-- ===== src/Stack/Lifetime.antt =====
-- lab3/Stack.c: `stack_init`, `stack_free`, `stack_get_errno` and `stack_print_error`.
use distibuted_sys.Base.{
  ℕ, zero, suc, Bool, true, false, Option, none, some, [], ◌∷◌, ◌==◌, if◌then◌else◌, replicate,
}
use distibuted_sys.Stack.{
  Ptr, null, no_error, no_memory, no_element, no_threads, thread_local_error, StackErrno, Memory,
  Code, unfinished, ◌>>=◌, ◌>>◌, return, read, write, Status, success, failure, load_node, free,
  fail_with,
}
use distibuted_sys.Stack.Hazard.{max_hazard_pointers}

-- What `malloc`, `pthread_key_create` and `calloc` answer to `stack_init`: whether they succeed.
pub record Grants : Type 0 where
  pub stack : Bool
  pub key : Bool
  pub array : Bool

-- A failure leaves what was obtained before it.
unfoldable pub stack_init : Grants → Ptr → Bool → Code Status
stack_init grants stack_ptr has_destructor =
    if stack_ptr == null
    then return failure
    else if grants.stack
    then (do
      m ← read
      write (record m { stack_allocated = true })
      if grants.key
          then (do
            n ← read
            write (record n { key_created = true })
            if grants.array
                then (do
                  o ← read
                  write (record o {
                    hazard_pointers =
                        replicate max_hazard_pointers (record { id = 0; pointer = null });
                    array_allocated = true;
                    to_reclaim = null;
                    has_destructor = has_destructor;
                    reclaim_counter = 0;
                    head = null;
                    errno = no_error;
                  })
                  return success)
                else fail_with no_memory)
          else fail_with thread_local_error)
    else return failure

-- The first loop of `stack_free`, over the nodes of the stack.
unfoldable pub free_stack_nodes : ℕ → Ptr → Code (Unit {0})
free_stack_nodes zero to_delete = λ _. unfinished
free_stack_nodes (suc fuel) to_delete = if to_delete == null then return tt else do
  n ← load_node to_delete
  m ← read
  write (record m { destroyed = if m.has_destructor then n.value ∷ m.destroyed else m.destroyed })
  free to_delete
  free_stack_nodes fuel n.next

-- The second loop, over the reclamation list.
unfoldable pub free_reclaim_nodes : ℕ → Ptr → Code (Unit {0})
free_reclaim_nodes zero to_delete = λ _. unfinished
free_reclaim_nodes (suc fuel) to_delete =
    if to_delete == null
    then return tt
    else do n ← load_node to_delete; free to_delete; free_reclaim_nodes fuel n.next

unfoldable pub stack_free : ℕ → Ptr → Code (Unit {0})
stack_free fuel stack = if stack == null then return tt else do
  m ← read
  free_stack_nodes fuel m.head
  n ← read
  free_reclaim_nodes fuel n.to_reclaim
  o ← read
  write (record o {
    hazard_pointers = [];
    array_allocated = false;
    key_created = false;
    stack_allocated = false;
  })

unfoldable pub stack_get_errno : Memory → StackErrno
stack_get_errno m = m.errno

-- The messages of `stack_print_error`.
pub data Message : Type 0 where
  unable_to_allocate unable_to_pop too_many_threads unknown_error : Message

unfoldable pub stack_print_error : StackErrno → Option Message
stack_print_error no_error = none
stack_print_error no_memory = some unable_to_allocate
stack_print_error no_element = some unable_to_pop
stack_print_error no_threads = some too_many_threads
stack_print_error _ = some unknown_error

· · · · ·

Return the lines beginning at the one that contains "hazard_pointers = [];" and continuing through the last line of the data, exactly as they stand and without any others.

    hazard_pointers = [];
    array_allocated = false;
    key_created = false;
    stack_allocated = false;
  })

unfoldable pub stack_get_errno : Memory → StackErrno
stack_get_errno m = m.errno

-- The messages of `stack_print_error`.
pub data Message : Type 0 where
  unable_to_allocate unable_to_pop too_many_threads unknown_error : Message

unfoldable pub stack_print_error : StackErrno → Option Message
stack_print_error no_error = none
stack_print_error no_memory = some unable_to_allocate
stack_print_error no_element = some unable_to_pop
stack_print_error no_threads = some too_many_threads
stack_print_error _ = some unknown_error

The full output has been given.